* **Action item**
Every line below is to be quoted exactly, with nothing added or dropped.

Records excerpted from a collection
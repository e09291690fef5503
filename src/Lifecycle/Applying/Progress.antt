-- ===== src/Lifecycle/Applying/Progress.antt =====
-- service.go: what `persistCDCApplyResult` leaves, and that a redelivery then finds the checkpoint.
use mathlib.Core.List.{reverse-append}
use dts.Common.{
  ℕ, zero, suc, String, true, false, ◌<◌, ◌≡◌, ◌⊎◌, refl, ◌&&◌, ◌=s=◌, List, [], ◌∷◌, ◌++◌, Option,
  Result, ok, length, length-append, Option-cases, Bool-cases, inl, inr, arith, eq_iff,
}
use dts.Common.Bytes.{equal_fold, equal_fold_refl}
use dts.Domain.{Task, CdcEvent, CdcPosition}
use dts.Store.Defs.{Store, get_migration, update_migration}
use dts.Store.Positions.{create_cdc_position, list_cdc_positions, positions_of}
use dts.Lifecycle.Positions.{cdc_apply_ready}
use dts.Lifecycle.Applying.Effects.{World, Failure, continue-Ends, lift}
use dts.Lifecycle.Applying.Fence.{Settings}
use dts.Lifecycle.Applying.Events.{
  checkpoint_of, store_progress, record_progress, persist_cdc_apply_result, is_checkpointed,
  is_duplicate,
}

-- What a checkpoint may change: the list of checkpoints, which gets one more, or the tasks.
pub record Moved (p : CdcPosition) (w w' : World) : Type 0 where
  pub target : w'.target ≡ w.target
  pub letters : w'.store.cdc_dead_letters ≡ w.store.cdc_dead_letters
  pub spool : w'.store.cdc_spool ≡ w.store.cdc_spool
  pub positions :
      (w'.store.cdc_positions ≡ w.store.cdc_positions)
      ⊎ (w'.store.cdc_positions ≡ w.store.cdc_positions ++ p ∷ [])

module _ (now : ℕ) (id direction : String) (p : CdcPosition) where
  create-small :
      (s : Store (CdcEvent String))
      → length s.cdc_positions < 60000
      → (create_cdc_position s p).cdc_positions ≡ s.cdc_positions ++ p ∷ []
  unfolding create_cdc_position
  create-small s small = ground (arith, length-append s.cdc_positions (p ∷ []))

  create-letters :
      (s : Store (CdcEvent String))
      → (create_cdc_position s p).cdc_dead_letters ≡ s.cdc_dead_letters
  unfolding create_cdc_position
  create-letters s = refl

  create-spool : (s : Store (CdcEvent String)) → (create_cdc_position s p).cdc_spool ≡ s.cdc_spool
  unfolding create_cdc_position
  create-spool s = refl

  -- What is true of the end of a progress report that began in `w`.
  abbrev pub EndsMoved : (A : Type 0) → World → Result Failure A × ℕ × World → Type 0
  EndsMoved A w out =
      Moved p w out.2
      × ((a : A) → out.0 ≡ ok a → out.2.store.cdc_positions ≡ w.store.cdc_positions ++ p ∷ [])

  store_progress-Moved :
      (task : Task) (n : ℕ) (w : World)
      → length w.store.cdc_positions < 60000
      → EndsMoved (Unit {0}) w (store_progress now p task n w)
  unfolding store_progress update_migration
  store_progress-Moved task zero w small =
      (record { target = refl; letters = refl; spool = refl; positions = inl refl }, λ a h. cc)
  store_progress-Moved task (suc zero) w small = (
    record {
      target = refl;
      letters = create-letters w.store;
      spool = create-spool w.store;
      positions = inr (create-small w.store small);
    },
    λ a h. cc,
  )
  store_progress-Moved task (suc (suc n)) w small =
      let more = create-small w.store small in
      let same = create-letters w.store in
      (
        record {
          target = ground arith;
          letters = ground (arith, same);
          spool = ground (arith, create-spool w.store);
          positions = inr (ground (arith, more));
        },
        λ a h. ground (arith, more),
      )

  record_progress-Moved :
      (n : ℕ) (w : World)
      → length w.store.cdc_positions < 60000
      → EndsMoved (Unit {0}) w (record_progress now id direction p n w)
  unfolding record_progress
  record_progress-Moved n w small =
      let still : Moved p w w = record {
        target = refl;
        letters = refl;
        spool = refl;
        positions = inl refl;
      } in
      continue-Ends (EndsMoved (Unit {0}) w) _ (lift (get_migration w.store id)) n w
        (λ e failed. (still, λ a h. cc))
        (λ task found. elim (Bool-cases (cdc_apply_ready task.status direction)) [
          | inl e ↦ rw e (store_progress-Moved task n w small)
          | inr e ↦ rw e (still, λ a h. cc)
        ])

module _ (settings : Settings) (now : ℕ) (new_id id direction : String) (last : CdcEvent String)
    (total : ℕ) where
  pub persist-Moved :
      (n : ℕ) (w : World)
      → length w.store.cdc_positions < 60000
      → EndsMoved now id direction
          (checkpoint_of now new_id id direction last total)
          (Option String)
          w
          (persist_cdc_apply_result settings now new_id id direction last total n w)
  unfolding persist_cdc_apply_result
  persist-Moved n w small =
      let p : CdcPosition = checkpoint_of now new_id id direction last total in
      let still : Moved p w w = record {
        target = refl;
        letters = refl;
        spool = refl;
        positions = inl refl;
      } in
      elim (Option-cases settings.fault_before_checkpoint) [
        | inr (e, f) ↦ rw (f, persist_cdc_apply_result) (still, λ a h. cc)
        | inl f ↦
            let made = record_progress-Moved now id direction p n w small in
            rw (f, persist_cdc_apply_result)
              (continue-Ends (EndsMoved now id direction p (Option String) w) _
                (record_progress now id direction p n w).0
                (record_progress now id direction p n w).1
                (record_progress now id direction p n w).2 (λ e failed. (made.0, λ a h. cc))
                (λ a went. (made.0, λ b h. made.1 a went)))
      ]

-- The look at the newest checkpoint compares it with the last event.
pub duplicate-newest :
    (id direction : String) (last : CdcEvent String) (p : CdcPosition) (ps : List CdcPosition)
    (s : Store (CdcEvent String))
    → (p.task_id =s= id) ≡ true
    → (p.direction =s= direction) ≡ true
    → s.cdc_positions ≡ ps ++ p ∷ []
    → is_duplicate id direction last s
      ≡ (equal_fold p.position_type last.position_type && p.position_value =s= last.position_value)
unfolding is_duplicate is_checkpointed list_cdc_positions positions_of
duplicate-newest id direction last p ps s own along e =
    rw (e, is_duplicate) (rw reverse-append (rw own (rw along refl)))

-- A store whose newest checkpoint is that of the transaction knows it for a duplicate, if its events say
-- of which type their positions are.
pub duplicate-appended :
    (now : ℕ) (new_id id direction : String) (last : CdcEvent String) (total : ℕ)
    (ps : List CdcPosition) (s : Store (CdcEvent String))
    → (last.position_type =s= "") ≡ false
    → s.cdc_positions ≡ ps ++ checkpoint_of now new_id id direction last total ∷ []
    → is_duplicate id direction last s ≡ true
unfolding is_duplicate is_checkpointed list_cdc_positions positions_of
duplicate-appended now new_id id direction last total ps s typed e =
    rw (e, is_duplicate)
      (rw reverse-append (
        ground (
          arith,
          eq_iff id id,
          eq_iff direction direction,
          eq_iff last.position_value last.position_value,
          typed,
          equal_fold_refl last.position_type,
        )))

* **Result of the exercise**
repository e09291690fef5503
filename src/Lifecycle/Applying/Progress.antt
-- ===== src/Lifecycle/Applying/Progress.antt =====
-- service.go: what `persistCDCApplyResult` leaves, and that a redelivery then finds the checkpoint.
use mathlib.Core.List.{reverse-append}
use dts.Common.{
  ℕ, zero, suc, String, true, false, ◌<◌, ◌≡◌, ◌⊎◌, refl, ◌&&◌, ◌=s=◌, List, [], ◌∷◌, ◌++◌, Option,
  Result, ok, length, length-append, Option-cases, Bool-cases, inl, inr, arith, eq_iff,
}
use dts.Common.Bytes.{equal_fold, equal_fold_refl}
use dts.Domain.{Task, CdcEvent, CdcPosition}
use dts.Store.Defs.{Store, get_migration, update_migration}
use dts.Store.Positions.{create_cdc_position, list_cdc_positions, positions_of}
use dts.Lifecycle.Positions.{cdc_apply_ready}
use dts.Lifecycle.Applying.Effects.{World, Failure, continue-Ends, lift}
use dts.Lifecycle.Applying.Fence.{Settings}
use dts.Lifecycle.Applying.Events.{
  checkpoint_of, store_progress, record_progress, persist_cdc_apply_result, is_checkpointed,
  is_duplicate,
}

-- What a checkpoint may change: the list of checkpoints, which gets one more, or the tasks.
pub record Moved (p : CdcPosition) (w w' : World) : Type 0 where
  pub target : w'.target ≡ w.target
  pub letters : w'.store.cdc_dead_letters ≡ w.store.cdc_dead_letters
  pub spool : w'.store.cdc_spool ≡ w.store.cdc_spool
  pub positions :
      (w'.store.cdc_positions ≡ w.store.cdc_positions)
      ⊎ (w'.store.cdc_positions ≡ w.store.cdc_positions ++ p ∷ [])

module _ (now : ℕ) (id direction : String) (p : CdcPosition) where
  create-small :
      (s : Store (CdcEvent String))
      → length s.cdc_positions < 60000
      → (create_cdc_position s p).cdc_positions ≡ s.cdc_positions ++ p ∷ []
  unfolding create_cdc_position
  create-small s small = ground (arith, length-append s.cdc_positions (p ∷ []))

  create-letters :
      (s : Store (CdcEvent String))
      → (create_cdc_position s p).cdc_dead_letters ≡ s.cdc_dead_letters
  unfolding create_cdc_position
  create-letters s = refl

  create-spool : (s : Store (CdcEvent String)) → (create_cdc_position s p).cdc_spool ≡ s.cdc_spool
  unfolding create_cdc_position
  create-spool s = refl

  -- What is true of the end of a progress report that began in `w`.
  abbrev pub EndsMoved : (A : Type 0) → World → Result Failure A × ℕ × World → Type 0
  EndsMoved A w out =
      Moved p w out.2
      × ((a : A) → out.0 ≡ ok a → out.2.store.cdc_positions ≡ w.store.cdc_positions ++ p ∷ [])

  store_progress-Moved :
      (task : Task) (n : ℕ) (w : World)
      → length w.store.cdc_positions < 60000
      → EndsMoved (Unit {0}) w (store_progress now p task n w)
  unfolding store_progress update_migration
  store_progress-Moved task zero w small =
      (record { target = refl; letters = refl; spool = refl; positions = inl refl }, λ a h. cc)
  store_progress-Moved task (suc zero) w small = (
    record {
      target = refl;
      letters = create-letters w.store;
      spool = create-spool w.store;
      positions = inr (create-small w.store small);
    },
    λ a h. cc,
  )
  store_progress-Moved task (suc (suc n)) w small =
      let more = create-small w.store small in
      let same = create-letters w.store in
      (
        record {
          target = ground arith;
          letters = ground (arith, same);
          spool = ground (arith, create-spool w.store);
          positions = inr (ground (arith, more));
        },
        λ a h. ground (arith, more),
      )

  record_progress-Moved :
      (n : ℕ) (w : World)
      → length w.store.cdc_positions < 60000
      → EndsMoved (Unit {0}) w (record_progress now id direction p n w)
  unfolding record_progress
  record_progress-Moved n w small =
      let still : Moved p w w = record {
        target = refl;
        letters = refl;
        spool = refl;
        positions = inl refl;
      } in
      continue-Ends (EndsMoved (Unit {0}) w) _ (lift (get_migration w.store id)) n w
        (λ e failed. (still, λ a h. cc))
        (λ task found. elim (Bool-cases (cdc_apply_ready task.status direction)) [
          | inl e ↦ rw e (store_progress-Moved task n w small)
          | inr e ↦ rw e (still, λ a h. cc)
        ])

module _ (settings : Settings) (now : ℕ) (new_id id direction : String) (last : CdcEvent String)
    (total : ℕ) where
  pub persist-Moved :
      (n : ℕ) (w : World)
      → length w.store.cdc_positions < 60000
      → EndsMoved now id direction
          (checkpoint_of now new_id id direction last total)
          (Option String)
          w
          (persist_cdc_apply_result settings now new_id id direction last total n w)
  unfolding persist_cdc_apply_result
  persist-Moved n w small =
      let p : CdcPosition = checkpoint_of now new_id id direction last total in
      let still : Moved p w w = record {
        target = refl;
        letters = refl;
        spool = refl;
        positions = inl refl;
      } in
      elim (Option-cases settings.fault_before_checkpoint) [
        | inr (e, f) ↦ rw (f, persist_cdc_apply_result) (still, λ a h. cc)
        | inl f ↦
            let made = record_progress-Moved now id direction p n w small in
            rw (f, persist_cdc_apply_result)
              (continue-Ends (EndsMoved now id direction p (Option String) w) _
                (record_progress now id direction p n w).0
                (record_progress now id direction p n w).1
                (record_progress now id direction p n w).2 (λ e failed. (made.0, λ a h. cc))
                (λ a went. (made.0, λ b h. made.1 a went)))
      ]

-- The look at the newest checkpoint compares it with the last event.
pub duplicate-newest :
    (id direction : String) (last : CdcEvent String) (p : CdcPosition) (ps : List CdcPosition)
    (s : Store (CdcEvent String))
    → (p.task_id =s= id) ≡ true
    → (p.direction =s= direction) ≡ true
    → s.cdc_positions ≡ ps ++ p ∷ []
    → is_duplicate id direction last s
      ≡ (equal_fold p.position_type last.position_type && p.position_value =s= last.position_value)
unfolding is_duplicate is_checkpointed list_cdc_positions positions_of
duplicate-newest id direction last p ps s own along e =
    rw (e, is_duplicate) (rw reverse-append (rw own (rw along refl)))

-- A store whose newest checkpoint is that of the transaction knows it for a duplicate, if its events say
-- of which type their positions are.
pub duplicate-appended :
    (now : ℕ) (new_id id direction : String) (last : CdcEvent String) (total : ℕ)
    (ps : List CdcPosition) (s : Store (CdcEvent String))
    → (last.position_type =s= "") ≡ false
    → s.cdc_positions ≡ ps ++ checkpoint_of now new_id id direction last total ∷ []
    → is_duplicate id direction last s ≡ true
unfolding is_duplicate is_checkpointed list_cdc_positions positions_of
duplicate-appended now new_id id direction last total ps s typed e =
    rw (e, is_duplicate)
      (rw reverse-append (
        ground (
          arith,
          eq_iff id id,
          eq_iff direction direction,
          eq_iff last.position_value last.position_value,
          typed,
          equal_fold_refl last.position_type,
        )))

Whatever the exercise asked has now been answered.